Usualmente, tenho ignorado os lançamentos de algoritmo da Netflix, que tem fortificado seu conteúdo com produções de massa cada vez mais burras e superficiais. Ainda assim, fiquei curioso com o marketing acatado de Clonaram Tyrone!, que não ganhou a devida atenção do streaming, mas que alertou meu interesse com sua estilização de blaxploitation e premissa de ficção científica. Parte da onda recente de obras absurdas que discutem racismo nos EUA como Corra!, Atlanta, Sorry to Bother You, entre tantas outras, o longa-metragem nos apresenta Fontaine (John Boyega), um traficante de uma comunidade conhecida como Glen, que, junto do cafetão Slick Charles (Jamie Foxx) e da prostituta Yo-Yo (Teyonah Parris), acabam descobrindo uma conspiração governamental contra negros.
Em termos estéticos, o filme é um pouco aquém do resgate do blaxploitation, com uma fotografia granulada e meio neon que não encanta e uma ambientação pouco expressiva, mas os figurinos, os carros, os diálogos e a trilha sonora ajudam a emular o subgênero de exageros visuais e verbais, com destaque particular para a composição do personagem Slick Charles. O cineasta Juel Taylor também faz um trabalho mais acanhado e paciente por trás das câmeras, sem muitas excentricidades com ângulos de câmera e o espaço cênico, com enquadramentos até mais fechados – o filme tem uma vibe um tanto prisional e claustrofóbica, então de certa forma faz sentido. No entanto, o que mais destaco estilisticamente é o aspecto diegético fora do tempo da obra, que não se enquadra em uma época específica, com visuais que mesclam os anos 60/70 com a contemporaneidade, falta de uso de smartphones ou aparelhos tecnológicos mais avançados, e um laboratório subterrâneo bastante retrofuturístico. Estamos em 1978, 2008 ou 2018? É deliciosamente difícil de saber.

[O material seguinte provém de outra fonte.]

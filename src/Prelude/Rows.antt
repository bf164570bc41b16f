-- ===== src/Prelude/Rows.antt =====
-- Lemmas on tables: what a test sees of a table after an update, a deletion or an insertion.
use Prim.Native.Nat.{◌≤◌}
use mathlib.Core.Path.{◌≡◌, refl}
use mathlib.Core.Bool.{Bool, true, false}
use mathlib.Core.List.{List, [], ◌∷◌}
use mathlib.Core.Option.{none, some}
use native.Mathlib.Omega.{arith}
use dotfile.Prelude.Tests.{if◌then◌else◌}
use dotfile.Prelude.Lists.{length, any, find, count, update, delete}

module _ {ℓ} {A : Type ℓ} where
  pub count-any : (p : A → Bool) (rows : List A) → any p rows ≡ false → count p rows ≡ 0
  count-any p [] h = refl
  count-any p (r ∷ rs) h = ground (arith, count-any p rs)

  -- an update that no test of `p` sees leaves the number of rows that pass
  pub count-update :
      (p q : A → Bool) (f : A → A)
      → ((r : A) → p (f r) ≡ p r)
      → (rows : List A) → count p (update q f rows) ≡ count p rows
  count-update p q f same [] = refl
  count-update p q f same (r ∷ rs) = ground (arith, same r, count-update p q f same rs)

  pub count-delete-le : (p q : A → Bool) (rows : List A) → count p (delete q rows) ≤ count p rows
  count-delete-le p q [] = omega arith
  count-delete-le p q (r ∷ rs) = ground (arith, count-delete-le p q rs)

  pub find-any : (p : A → Bool) (rows : List A) → find p rows ≡ none → any p rows ≡ false
  find-any p [] h = refl
  find-any p (r ∷ rs) h = ground (arith, find-any p rs)

  -- the first row that passes is updated, where the update keeps the test
  pub find-update :
      (p q : A → Bool) (f : A → A)
      → ((r : A) → p (f r) ≡ p r)
      → (rows : List A) (a : A) → find p rows ≡ some a
      → find p (update q f rows) ≡ some (if q a then f a else a)
  find-update p q f same [] a h = cc
  find-update p q f same (r ∷ rs) a h = ground (arith, same r, find-update p q f same rs a)

  pub find-update-none :
      (p q : A → Bool) (f : A → A)
      → ((r : A) → p (f r) ≡ p r)
      → (rows : List A) → find p rows ≡ none
      → find p (update q f rows) ≡ none
  find-update-none p q f same [] h = refl
  find-update-none p q f same (r ∷ rs) h = ground (arith, same r, find-update-none p q f same rs)

  pub find-holds : (p : A → Bool) (rows : List A) (a : A) → find p rows ≡ some a → p a ≡ true
  find-holds p [] a h = cc
  find-holds p (r ∷ rs) a h = ground (arith, find-holds p rs a)

  pub count-le-length : (p : A → Bool) (rows : List A) → count p rows ≤ length rows
  count-le-length p [] = omega arith
  count-le-length p (r ∷ rs) = ground (arith, count-le-length p rs)
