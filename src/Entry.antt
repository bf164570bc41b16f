-- ===== src/Entry.antt =====
-- An entry of a session log (wsd/crates/ws-core/src/log.rs, `LogEntry`). Ids are ULIDs, 128-bit
-- numbers. `V` is the type of JSON values.
use dotfile.Prelude.{ℕ, String, List, Option}

pub record LogEntry (V : Type 0) : Type 0 where
  pub event_id : ℕ
  pub session_id : ℕ
  pub epoch : ℕ  -- u64
  pub seq : ℕ  -- u64
  pub prev_hash : String
  pub ts_ms : ℕ  -- u64
  pub event_type : String
  pub body : V
  pub device_id : ℕ
  pub sig : String

-- what a read of a log gives; `truncated_line` is the number of an incomplete last line
pub record LogRead (V : Type 0) : Type 0 where
  pub entries : List (LogEntry V)
  pub truncated_line : Option ℕ
  pub valid_bytes : ℕ  -- u64
  pub head_hash : String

Agora tematicamente falando, a produção abre diversas discussões. Tocando em temas como racismo estrutural, gentrificação, apropriação e homogeneização cultural, capitalismo, “escravidão mental”, capitalização ideológica e por aí vai, o roteiro satírico pesa a mão no comentário social. Os exageros do blaxploitation ajudam a suavizar a densidade da história com uma boa dose de humor, mas também auxilia a satirizar as críticas do texto e diluir o nível de exposição para nada soar muito óbvio, por mais que sutileza não seja a melhor característica. Interessante, também, como a produção sabe diferenciar pele/cor de cultura, o que infelizmente muitas obras estúpidas sobre racismo não conseguem articular de forma eloquente, sendo importante ressaltar que a cultura é especificamente estadunidense, então não devemos generalizar, pois os temas são universais, mas não os costumes e cenários retratados.

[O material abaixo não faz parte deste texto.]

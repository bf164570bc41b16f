-- ===== src/External.antt =====
-- What the registry takes from outside the repository: JSON values (the serde_json crate), ULID
-- text (the ulid crate), and SQLite's JSON functions. `V` is the type of JSON values.
use dotfile.Prelude.{ℕ, String, Bool, Option, List}
use dotfile.Entry.{LogEntry}

-- a signed 64-bit integer; `negsuc n` is -(n + 1)
pub data ℤ : Type 0 where
  pos negsuc : ℕ → ℤ

-- the text of a ULID: `parse` and `to_string`
pub record UlidText : Type 0 where
  pub parse_ulid : String → Option ℕ
  pub show_ulid : ℕ → String

pub record External (V : Type 0) : Type 0 where
  -- serde_json: `Value::Null`, `Value::get`, the `as_…` methods and `is_…` tests
  pub null : V
  pub is_null : V → Bool
  pub get : V → String → Option V
  pub as_str : V → Option String
  pub as_i64 : V → Option ℤ
  pub as_u64 : V → Option ℕ
  pub as_array : V → Option (List V)
  pub of_str : Option String → V
  -- the object with the second object's fields put over the first's; `none` unless both are objects
  pub extend : V → V → Option V
  -- whether a derived reader of `AgentPriority` accepts the value
  pub reads_priority : V → Bool
  -- `serde_json::to_string` of a log entry
  pub serialize : LogEntry V → Option String
  -- SQLite: `json_set` of one field, `json_extract` of one field as a text and as an integer
  pub json_set : V → String → V → V
  pub extract_text : V → String → Option String
  pub extract_integer : V → String → Option ℕ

Na trajetória narrativa, a produção mistura diversos gêneros para contar a investigação do trio principal. Como já abordei, temos a inspiração no blaxploitation, mas a produção bebe da fonte da ficção científica absurdista, do thriller de conspiração, do horror social à la Jordan Peele, da paranoia sessentista com o governo americano e, claro, da sátira. Muitas dessas inspirações e críticas são um tanto explícitas demais ou muito objetivas, mas a produção tem personalidade e criatividade para nos carregar pela salada de Juel Taylor, com destaque especial para a química e carisma dos co-protagonistas, que sabem trabalhar bem com as caricaturas e estereótipos exigidos – Boyega faz um ótimo anti-herói estoico, Parris é pura energia e Foxx arrebenta com seu excêntrico personagem. O terceiro ato, porém, decepciona bastante, com uma condução narrativa corrida e sem muita ideia de como fechar a história com um impacto, por mais que uma reviravolta final traga uma ambiguidade curiosa que remete a uma frase inicial de Slick Charles: “Black-on-Black crime“.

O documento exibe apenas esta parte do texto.